The code at the Mesh layer is maintained by dedicated personnel, and it’s difficult to determine when it can be fixed after submitting an Issue, while the business urgently needs to solve this problem. So we had no choice but to change the libcurl calling method to remove this request header when making requests. I asked ChatGPT how to remove this header when sending network requests using libcurl, and got the following method.

C++ libcurl request removing Expect: 100-continue headerC++ libcurl request removing Expect: 100-continue header

So I happily went to change the code for the business request part, setting the header before initiating the network request. The changes are as follows:

1
2
3
4
5
6
7
8
9
10
11
12
{
// ....
// Disable "Expect: 100-continue" header
curl_slist *headers = NULL;
headers = curl_slist_append(headers, "Expect:");
curl_easy_setopt(curl, CURLOPT_HTTPHEADER, headers);

defer {
curl_slist_free_all(headers); // remember to free the headers
};
// ...
}

After making the changes, I verified that the HTTP request to service B could indeed receive a normal response. However, when deploying, we found parameter error alerts for network requests to other third parties. After rolling back, the failures disappeared, so it seems to be related to the changes in this HTTP request. Looking carefully at the CURLOPT_HTTPHEADER part of libcurl settings here, we found that the business also sets it, and this modification would completely overwrite the previously set header.
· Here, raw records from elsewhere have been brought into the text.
-- ===== src/State/Laws.antt =====
-- What the operations of the lock file's state do to each other.
use runtime_class_manager.Base.{
  ◌≡◌, ◌↔◌, true, false, not, ◌||◌, none, some, Text, text_eq, ◌==◌, arith, if◌then◌else◌,
  Option-cases, inl, inr,
}
use runtime_class_manager.Base.Dict.{lookup-insert, lookup-erase}
use runtime_class_manager.Go.Outcome.{ok}
use runtime_class_manager.State.{State, find_shim, shim_changed, update_shim, remove_shim}
use runtime_class_manager.State.Entry.{Shim}

find_shim-update_shim :
    (st : State) (name n : Text) (s : Shim) {st' : State}
    → update_shim st name s ≡ ok st'
    → find_shim st' n ≡ (if n == name then some (some s) else find_shim st n)
unfolding update_shim find_shim
find_shim-update_shim st name n s h = elim (Option-cases st.shims) [
  | inl missing ↦ ground arith
  | inr (d, e) ↦ ground (arith, lookup-insert n name (some s) d)
]

-- A shim is unchanged exactly if the state records it with this digest and this path.
pub shim_changed_iff :
    (st : State) (name sha256 path : Text)
    → (shim_changed st name sha256 path ≡ ok false)
      ↔ (find_shim st name ≡ some (some (record { sha256 = sha256; path = path })))
unfolding shim_changed find_shim
shim_changed_iff st name sha256 path = ground arith

find_shim-remove_shim :
    (st : State) (name n : Text)
    → find_shim (remove_shim st name) n ≡ (if n == name then none else find_shim st n)
unfolding remove_shim find_shim
find_shim-remove_shim st name n = elim (Option-cases st.shims) [
  | inl missing ↦ ground arith
  | inr (d, e) ↦ ground (arith, lookup-erase n name d)
]

-- Where recording a shim goes through, it makes the shim unchanged, and decides what is asked of
-- any other digest or path under its name; the other names are answered as before.
pub shim_changed-update_shim :
    (st : State) (name n : Text) (s : Shim) (sha256 path : Text) {st' : State}
    → update_shim st name s ≡ ok st'
    → shim_changed st' n sha256 path ≡ (
        if n == name
        then ok (not (s.sha256 == sha256) || not (s.path == path))
        else shim_changed st n sha256 path)
unfolding shim_changed
shim_changed-update_shim st name n s sha256 path h =
    ground (arith, find_shim-update_shim st name n s h)

-- A removed shim is a changed one, whatever its digest and path; the other names are answered as
-- before.
shim_changed-remove_shim :
    (st : State) (name n sha256 path : Text)
    → shim_changed (remove_shim st name) n sha256 path
      ≡ (if n == name then ok true else shim_changed st n sha256 path)
unfolding shim_changed
shim_changed-remove_shim st name n sha256 path = ground (arith, find_shim-remove_shim st name n)
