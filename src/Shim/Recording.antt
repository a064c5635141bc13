-- ===== src/Shim/Recording.antt =====
-- The end of `Install` on a lawful file system: what is recorded in the lock file.
use runtime_class_manager.Base.{
  ◌<◌, ◌≡◌, ◌≢◌, ◌↔◌, refl, sym, ap, ◌∙◌, Bool, true, false, Option, none, some, [], ◌∷◌, Text,
  text_eq, arith, All,
}
use runtime_class_manager.Go.Outcome.{Err, Outcome, ok, Action, pure, return_err, lift, ◌>>=◌, ◌>>◌}
use runtime_class_manager.Go.Outcome.Laws.{>>=_elim}
use runtime_class_manager.Go.Paths.{path_join}
use runtime_class_manager.Machine.{Machine}
use runtime_class_manager.Machine.Laws.{IsLawful}
use runtime_class_manager.State.{State, lock_path, shim_changed, write}
use runtime_class_manager.State.Entry.{Shim}
use runtime_class_manager.State.Laws.{shim_changed_iff}
use runtime_class_manager.State.Store.{
  with_entry, update_shim-Finds, IsAscii, Holds, Holds-map, Finds, find_shim-Finds,
}
use runtime_class_manager.State.Disk.{write-others, write-Holds, lock_content}
use runtime_class_manager.Shim.{Config, runtime_name, dst_path, record_shim, first_error}

-- Reading through the root file system changes no file of the host.
pub record IsSource {W : Type 0} (m : Machine W) (L : IsLawful m.host_fs) : Type 0 where
  pub open_read-Keeps :
      (p : Text) (w : W) (q : Text) → L.content (m.root_fs.open_read p w).1 q ≡ L.content w q
  pub read_all-Keeps :
      (p : Text) (w : W) (q : Text) → L.content (m.root_fs.read_all p w).1 q ≡ L.content w q

pub first_error-none : (e e' : Err) → first_error e e' ≡ none → e ≡ none
unfolding first_error
first_error-none none e' h = refl
first_error-none (some e) e' h = absurd (ground arith)

returned-none : {W : Type 0} (e : Err) (w : W) → (return_err e w).0 ≡ ok tt → e ≡ none
returned-none none w h = refl
returned-none (some e) w h = absurd (ground arith)

return_err_world : {W : Type 0} (e : Err) (w : W) → (return_err e w).1 ≡ w
return_err_world none w = refl
return_err_world (some e) w = refl

ok_injective : {a b : Bool} → ok a ≡ ok b → a ≡ b
ok_injective h = ground arith

module _ {W : Type 0} (m : Machine W) (L : IsLawful m.host_fs) (c : Config) (shim_name : Text) where
  abbrev dst : Text
  dst = dst_path c shim_name

  abbrev name : Text
  name = runtime_name shim_name

  abbrev pub recorded_shim : Text → Shim
  recorded_shim bytes = record { sha256 = m.sha256 bytes; path = dst_path c shim_name }

  -- The files other than the binary and the lock file.
  abbrev pub Spares : W → W → Type 0
  Spares w w' =
      (q : Text)
      → q ≢ L.resolve (dst_path c shim_name)
      → q ≢ L.resolve (lock_path c.rcm_path)
      → L.content w' q ≡ L.content w q

  -- What an installation leaves behind: the binary, the lock file that records its digest and its
  -- path beside what it recorded, whether that is news, and the other files as they were;
  -- the binary is all that was read of the asset.
  pub record Installed (find : Text → Option (Option Shim)) (w : W) (r : Outcome (Text × Bool) × W)
      (changed : Bool) (bytes : Text) : Type 0 where
    pub path : r.0 ≡ ok (dst_path c shim_name, changed)
    pub copied : L.content r.1 (L.resolve (dst_path c shim_name)) ≡ some bytes
    pub recorded :
        Holds
          (lock_content m.host_fs L c.rcm_path r.1)
          (with_entry (runtime_name shim_name) (recorded_shim bytes) find)
    pub news :
        (changed ≡ false) ↔ (find (runtime_name shim_name) ≡ some (some (recorded_shim bytes)))
    pub others : Spares w r.1
    pub whole :
        (v : W) × ((m.root_fs.read_all (path_join (c.asset_path ∷ shim_name ∷ [])) v).0
          ≡ (bytes, none))

  module _ (apart : L.resolve (dst_path c shim_name) ≢ L.resolve (lock_path c.rcm_path))
      (source : IsSource m L) (name_ascii : IsAscii (runtime_name shim_name))
      (dst_ascii : IsAscii (dst_path c shim_name))
      (digest : (bytes : Text) → All (λ b. b < 256) (m.sha256 bytes)) where
    abbrev src : Text
    src = path_join (c.asset_path ∷ shim_name ∷ [])

    abbrev pub finish : State → Text → Err → Action W (Text × Bool)
    finish st hashed copy_error = lift (shim_changed st name (m.sha256 hashed) dst) >>= λ changed.
        record_shim m st name (m.sha256 hashed) dst changed
        >> (return_err copy_error >> pure (dst, changed))

    record_shim-Installed :
        (st : State) (find : Text → Option (Option Shim)) (bytes : Text) (w : W) (changed : Bool)
        → Finds st find
        → st.lock_file_path ≡ lock_path c.rcm_path
        → Holds (lock_content m.host_fs L c.rcm_path w) find
        → L.content w (L.resolve dst) ≡ some bytes
        → shim_changed st name (m.sha256 bytes) dst ≡ ok changed
        → (record_shim m st name (m.sha256 bytes) dst changed w).0 ≡ ok tt
        → let w' = (record_shim m st name (m.sha256 bytes) dst changed w).1 in
          (L.content w' (L.resolve dst) ≡ some bytes)
          × Holds
              (lock_content m.host_fs L c.rcm_path w')
              (with_entry name (recorded_shim bytes) find)
          × Spares w w'
    unfolding record_shim
    record_shim-Installed st find bytes w false finds located holds there same h =
        let known : find name ≡ some (some (recorded_shim bytes)) =
          sym (find_shim-Finds finds name)
          ∙ (shim_changed_iff st name (m.sha256 bytes) dst).0 same in
        (there, Holds-map refl (λ n. ground (arith, known)) holds, λ q _ _. refl)
    record_shim-Installed st find bytes w true finds located holds there same h =
        let (st', e, finds', kept) =
          update_shim-Finds name (recorded_shim bytes) finds
            (name_ascii, (digest bytes, dst_ascii)) in
        let path : st'.lock_file_path ≡ lock_path c.rcm_path = kept ∙ located in
        let step : record_shim m st name (m.sha256 bytes) dst true w ≡ write m.host_fs st' w =
          ground (arith, e) in
        let wrote : (write m.host_fs st' w).0 ≡ ok tt = ap (λ r. r.0) (sym step) ∙ h in
        (
          ap (λ r. L.content r.1 (L.resolve dst)) step
              ∙ (write-others m.host_fs L st' w (L.resolve dst) (λ e. apart (e ∙ ap L.resolve path))
                    wrote
                  ∙ there),
          Holds-map
              (ap (λ r. lock_content m.host_fs L c.rcm_path r.1) step
                ∙ ap (λ v. L.content (write m.host_fs st' w).1 (L.resolve v)) (sym path))
              (λ n. refl) (write-Holds m.host_fs L st' w finds' wrote),
          λ q _ other.
              ap (λ r. L.content r.1 q) step
              ∙ write-others m.host_fs L st' w q (λ e. other (e ∙ ap L.resolve path)) wrote,
        )

    abbrev pub Done : (Text → Option (Option Shim)) → W → Outcome (Text × Bool) × W → Type 0
    Done find before r = (changed : Bool) × (bytes : Text) × Installed find before r changed bytes

    pub finish-Done :
        (st : State) (find : Text → Option (Option Shim)) (bytes : Text) (copy_error : Err)
        (before w : W) {result : Text × Bool}
        → (copy_error ≡ none → (v : W) × ((m.root_fs.read_all src v).0 ≡ (bytes, none)))
        → Spares before w
        → Finds st find
        → st.lock_file_path ≡ lock_path c.rcm_path
        → Holds (lock_content m.host_fs L c.rcm_path w) find
        → L.content w (L.resolve dst) ≡ some bytes
        → (finish st bytes copy_error w).0 ≡ ok result
        → Done find before (finish st bytes copy_error w)
    finish-Done st find bytes copy_error before w whole spared finds located holds there h =
        >>=_elim (lift (shim_changed st name (m.sha256 bytes) dst))
          (λ changed.
            record_shim m st name (m.sha256 bytes) dst changed
            >> (return_err copy_error >> pure (dst, changed)))
          w (Done find before) h
          (λ changed same h'.
            >>=_elim (record_shim m st name (m.sha256 bytes) dst changed)
              (λ _. return_err copy_error >> pure (dst, changed)) w (Done find before) h'
              (λ _ recorded h''.
                let (copied, holds', spared') =
                  record_shim-Installed st find bytes w changed finds located holds there same
                    recorded in
                let w' = (record_shim m st name (m.sha256 bytes) dst changed w).1 in
                >>=_elim (return_err copy_error) (λ _. pure (dst, changed)) w' (Done find before)
                  h''
                  (λ _ returned _. (
                    changed,
                    bytes,
                    record {
                      path = refl;
                      copied = rw (return_err_world copy_error w') copied;
                      recorded = rw (return_err_world copy_error w') holds';
                      whole = whole (returned-none copy_error w' returned);
                      others = λ q a b.
                          rw (return_err_world copy_error w') (spared' q a b ∙ spared q a b);
                      news = (
                        λ e.
                            sym (find_shim-Finds finds name)
                            ∙ (shim_changed_iff st name (m.sha256 bytes) dst).0 (rw (← e) same),
                        λ e. ok_injective (
                            sym same
                            ∙ (shim_changed_iff st name (m.sha256 bytes) dst).1
                                (find_shim-Finds finds name ∙ e)),
                      );
                    },
                  ))))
ChatGPT told me that I could clear this Expect header, and even reminded me to be careful about memory leaks, but ChatGPT couldn’t consider everything comprehensively and didn’t consider that this method would directly overwrite my original header. ChatGPT can indeed provide us with very useful suggestions and solutions, but its answers are based on the context given by the user. It doesn’t know the details of the entire system and can’t predict all business scenarios. Therefore, when accepting and applying its suggestions, we need to be very cautious and ensure that its suggestions are combined with actual business scenarios.